Tuesday, June 18, 2002

Hanging On, Wringing Out

One more day of writing about this software package, then I leave for Boston.

I'm trying my very best, but my insides are feeling raw. I wish I knew of a better way to conduct myself as I do my work. My heart wants to do well for this company. It's just that I can't, not these days anyway. They don't deserve this.

I feel like a towel that's been wrung and wrung into a tight twist, sitting on the sink, in view of a scorching sun.

Moisture, like my creativity, is gone. The towel is bone dry. And if someone were to wring and wring, the result would be no different.

Words! Where are the words? It's just that the sun took them away somehow, and there is nothing in near view to immerse me again.

So I ask the Universe this: Throw me into another bucket of water, somewhere. It is with utter frightfulness that I ask this, but my option to keep things just so makes me crumple anyway.


Posted by ruth at June 19, 2002 08:56 PM

Monday, June 17, 2002

Choosing Sadness

"To forget a friend is sad."
- Antoine de Saint-Exupéry, The Little Prince

I remember feeling as if I died in Janice's world. The pain was unspeakable, and I cried and cried. I used to wake up in tears then turn to bed in tears.

But today Reid walked by and asked me if Janice still does admissions for the same senior healthcare facility.

"I haven't spoken with her on friendly terms in a long time," I told him. And the as-a-matter-of-fact tone carried in my throat surprised me. 

That very moment, I felt as if she was someone I knew from another lifetime. It was a complete separation, and I accepted our rift the same way I have accepted that some of my first grade friends I may never see again. No animosity, no sadness, just acceptance.

Suddenly, the coldness I thought could never befall her toward me has somehow befallen me toward her. If I could listen to how I felt at the moment, I would say my insides sounded like slow footsteps in an empty room.

During our college campus days, one distinct phrase Janice often said was, "Apathy is worse than hate."

And now I breathe deep then exhale long as I consider the height from which I have fallen. I was cold this morning as I spoke with Reid.

But as I type this, just right now, I am once again sad. I do not like sad, but for the moment, I choose it over apathy. I do not want to be someone I cannot recognize, at least not that someone inside my chest whom I felt and listened to this morning.

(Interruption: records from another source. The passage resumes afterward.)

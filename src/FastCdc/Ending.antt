-- ===== src/FastCdc/Ending.antt =====
-- The stream after its last byte: `decode_eof` is called until it gives no frame.
use native_link.Base.{
  subst, drop_nil, ℕ, zero, suc, ◌<◌, ◌≢◌, none, some, List, [], ◌∷◌, ◌≡◌, refl, sym, ◌∙◌, ap,
  arith, inl, inr, length, take, drop, length-drop, ℕ_discrete,
}
use native_link.FastCdc.{scan, FastCdc, after_decode, decode_eof, end_of_stream}
use native_link.FastCdc.Frames.{Sized, at, cut, Resumes, fresh-Resumes, decode_cases}
use native_link.FastCdc.Chunks.{chunks, cut-ne-zero, chunks_nil, chunks-cut, chunks_last}

-- The frames after the last byte.
pub data Tail : FastCdc → List ℕ → List (List ℕ) → Type 0 where
  ends : {d : FastCdc} {buf : List ℕ} → (decode_eof d buf).frame ≡ none → Tail d buf []
  more :
      {d : FastCdc} {buf : List ℕ} (f : List ℕ) (fs : List (List ℕ))
      → (decode_eof d buf).frame ≡ some f
      → Tail (decode_eof d buf).state (decode_eof d buf).buf fs
      → Tail d buf (f ∷ fs)

module _ (c : FastCdc) (s : Sized c) where
  -- What `decode_eof` returns.
  eof_none :
      (h p : ℕ) (buf : List ℕ)
      → Resumes c h p buf
      → cut c buf ≡ 0
      → decode_eof (at c h p) buf ≡ end_of_stream (at c 0 0) buf
  unfolding decode_eof after_decode end_of_stream
  eof_none h p [] r z = elim (decode_cases c h p [] s r) [
    | inl (h', p', g, r', z', m) ↦ ap after_decode g
    | inr (g, lo, hi, l) ↦ absurd (omega arith)
  ]
  eof_none h p (b ∷ bs) r z = elim (decode_cases c h p (b ∷ bs) s r) [
    | inl (h', p', g, r', z', m) ↦ ap after_decode g
    | inr (g, lo, hi, l) ↦ absurd (omega (arith, s.positive))
  ]

  eof_some :
      (h p : ℕ) (buf : List ℕ)
      → Resumes c h p buf
      → cut c buf ≢ 0
      → decode_eof (at c h p) buf ≡ record {
        state = at c 0 0;
        buf = drop (cut c buf) buf;
        frame = some (take (cut c buf) buf);
      }
  unfolding decode_eof after_decode
  eof_some h p buf r n = elim (decode_cases c h p buf s r) [
    | inl (h', p', g, r', z, m) ↦ absurd (n z)
    | inr (g, lo, hi, l) ↦ ap after_decode g
  ]

  ended : (buf : List ℕ) (n : ℕ) → (end_of_stream (at c 0 0) buf).frame ≡ none → [] ≡ chunks n c buf
  unfolding end_of_stream
  ended [] n e = sym (chunks_nil c s n)
  ended (b ∷ bs) n e = cc

  last_frame :
      (buf f : List ℕ) (fs : List (List ℕ)) (n : ℕ)
      → cut c buf ≡ 0
      → (end_of_stream (at c 0 0) buf).frame ≡ some f
      → fs ≡ []
      → f ∷ fs ≡ chunks (suc n) c buf
  unfolding end_of_stream
  last_frame [] f fs n z e g = cc
  last_frame (b ∷ bs) f fs n z e g =
      let same : f ≡ b ∷ bs = cc in rw (same, g) (sym (chunks_last c s n b bs z))

  end_of_stream-rest : (buf : List ℕ) → (end_of_stream (at c 0 0) buf).buf ≡ []
  unfolding end_of_stream
  end_of_stream-rest [] = refl
  end_of_stream-rest (b ∷ bs) = refl

  end_of_stream-state : (buf : List ℕ) → (end_of_stream (at c 0 0) buf).state ≡ at c 0 0
  unfolding end_of_stream
  end_of_stream-state [] = refl
  end_of_stream-state (b ∷ bs) = refl

  none-ne-some : {f : List ℕ} → some f ≡ none → ⊥
  none-ne-some e = cc

  some-injective : {f g : List ℕ} → some f ≡ some g → f ≡ g
  some-injective e = cc

  pub Tail-chunks :
      {d : FastCdc} {buf : List ℕ} {ts : List (List ℕ)}
      → Tail d buf ts
      → (h p : ℕ) → d ≡ at c h p
      → Resumes c h p buf
      → (n : ℕ) → length buf < n
      → ts ≡ chunks n c buf
  Tail-chunks (ends {d} {buf} e) h p q r n l =
      let here = ap (λ x. decode_eof x buf) q in
      elim (ℕ_discrete (cut c buf) 0) [
        | yes z ↦ ended buf n (sym (ap (λ x. x.frame) (here ∙ eof_none h p buf r z)) ∙ e)
        | no z ↦
            let g = sym (ap (λ x. x.frame) (here ∙ eof_some h p buf r z)) ∙ e in
            absurd (none-ne-some g)
      ]
  Tail-chunks (more {d} {buf} f fs e t) h p q r zero l = absurd (omega arith)
  Tail-chunks (more {d} {buf} f fs e t) h p q r (suc n) l =
      let here = ap (λ x. decode_eof x buf) q in
      elim (ℕ_discrete (cut c buf) 0) [
        | yes z ↦
            let eof = here ∙ eof_none h p buf r z in
            let rest : (decode_eof d buf).buf ≡ [] = ap (λ x. x.buf) eof ∙ end_of_stream-rest buf in
            let ih =
              Tail-chunks t 0 0 (ap (λ x. x.state) eof ∙ end_of_stream-state buf)
                (fresh-Resumes c (decode_eof d buf).buf) 1 (omega (arith, ap length rest)) in
            last_frame buf f fs n z (sym (ap (λ x. x.frame) eof) ∙ e)
              (ih ∙ (ap (chunks 1 c) rest ∙ chunks_nil c s 1))
        | no z ↦
            let eof = here ∙ eof_some h p buf r z in
            let (lo, hi) = cut-ne-zero c s buf z in
            let rest : (decode_eof d buf).buf ≡ drop (cut c buf) buf = ap (λ x. x.buf) eof in
            let ih =
              Tail-chunks t 0 0 (ap (λ x. x.state) eof) (fresh-Resumes c (decode_eof d buf).buf) n
                (omega (arith, ap length rest, length-drop (cut c buf) buf, s.positive)) in
            let same : f ≡ take (cut c buf) buf = some-injective (sym e ∙ ap (λ x. x.frame) eof) in
            ap (λ g. g ∷ fs) same
            ∙ (ap (λ gs. take (cut c buf) buf ∷ gs) (ih ∙ ap (chunks n c) rest)
                ∙ sym (chunks-cut c s n buf z))
      ]

  -- The last calls, when no split point is left.
  last_Tail :
      (h p : ℕ) (buf : List ℕ)
      → Resumes c h p buf
      → cut c buf ≡ 0
      → (ts : List (List ℕ)) × Tail (at c h p) buf ts
  unfolding end_of_stream
  last_Tail h p [] r z = ([], ends (ap (λ x. x.frame) (eof_none h p [] r z)))
  last_Tail h p (b ∷ bs) r z =
      let eof = eof_none h p (b ∷ bs) r z in
      let none_left : cut c [] ≡ 0 =
        unfold cut in unfold scan in ap (λ xs. (scan c 0 c.min_size xs).1) (drop_nil c.min_size) in
      (
        (b ∷ bs) ∷ [],
        more (b ∷ bs) [] (ap (λ x. x.frame) eof) (
            subst (λ x. Tail x.state x.buf []) (sym eof)
              (ends (ap (λ x. x.frame) (eof_none 0 0 [] (fresh-Resumes c []) none_left)))),
      )

  -- Enough calls of `decode_eof` come to an end.
  pub Tail_exists :
      (n h p : ℕ) (buf : List ℕ)
      → Resumes c h p buf
      → length buf < n
      → (ts : List (List ℕ)) × Tail (at c h p) buf ts
  Tail_exists zero h p buf r l = absurd (omega arith)
  Tail_exists (suc n) h p buf r l = elim (ℕ_discrete (cut c buf) 0) [
    | yes z ↦ last_Tail h p buf r z
    | no z ↦
        let (lo, hi) = cut-ne-zero c s buf z in
        let eof = eof_some h p buf r z in
        let (ts, t) =
          Tail_exists n 0 0 (drop (cut c buf) buf) (fresh-Resumes c (drop (cut c buf) buf))
            (omega (arith, length-drop (cut c buf) buf, s.positive)) in
        (
          take (cut c buf) buf ∷ ts,
          more (take (cut c buf) buf) ts (ap (λ x. x.frame) eof)
              (subst (λ x. Tail x.state x.buf ts) (sym eof) t),
        )
  ]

Janice, if you're out there, hang in there. I am deathly afraid to be your friend again but perhaps tonight I should say a prayer for you.

Posted by ruth at June 17, 2002 08:10 PM

Tuesday, June 4, 2002

Jump!

I've always been transparent. Heart on my sleeve. My disbelief below my bottom lid.

People see me, so I should not find myself bewildered that the company vice president sees that I am stifled.

"Is it obvious?"

She nods, staring deep without even a blink.

She's always liked me and says I can work here the rest of my life. It's just that I know she sees the whole of me, and that there is a Ruth inside waiting to come through.

Does anyone know what it's like to just jump? To leave something perfectly good and perfectly comfortable for something unknown? Who would gamble this way?

Ryan helped me set this journal up and probably got the tagline from a poem that recently got published on proseax.com. Little did he realize the internal struggle that I'm going through.

How many people get to be who they really are?

This summer, I take a big risk, and I'll be in Boston for two whole months. I can't imagine what'll happen there. There are so many questions, and I'm not going to venture to picture what could become of my life and my direction.

Too many people have told me that I need to jump.

But I'm too scared to jump.

Posted by ruth at 07:41 PM

Saturday, June 1, 2002

Like a Virgin

Madonna.

Say the word and a generation of us will understand the power of just one human life.

Today while working out a 24-Hour Fitness Kapiolani, I watched VH-1's "Video Collection: Madonna."

I don't feel like rehashing her many great accomplishments as VH-1 does it well enough.

But I ponder on the difference between people who think versus those who do. Some people just do. And, I think, how can they do that?

Perhaps some people know their calling and just fly.

I, on the other hand, seem to be an ambivalent sort.

I've always thought it would be the most fascinating thing to be a biographer, since people from all walks of life intrigue me.

But then I wonder if I have a story of my own to make first.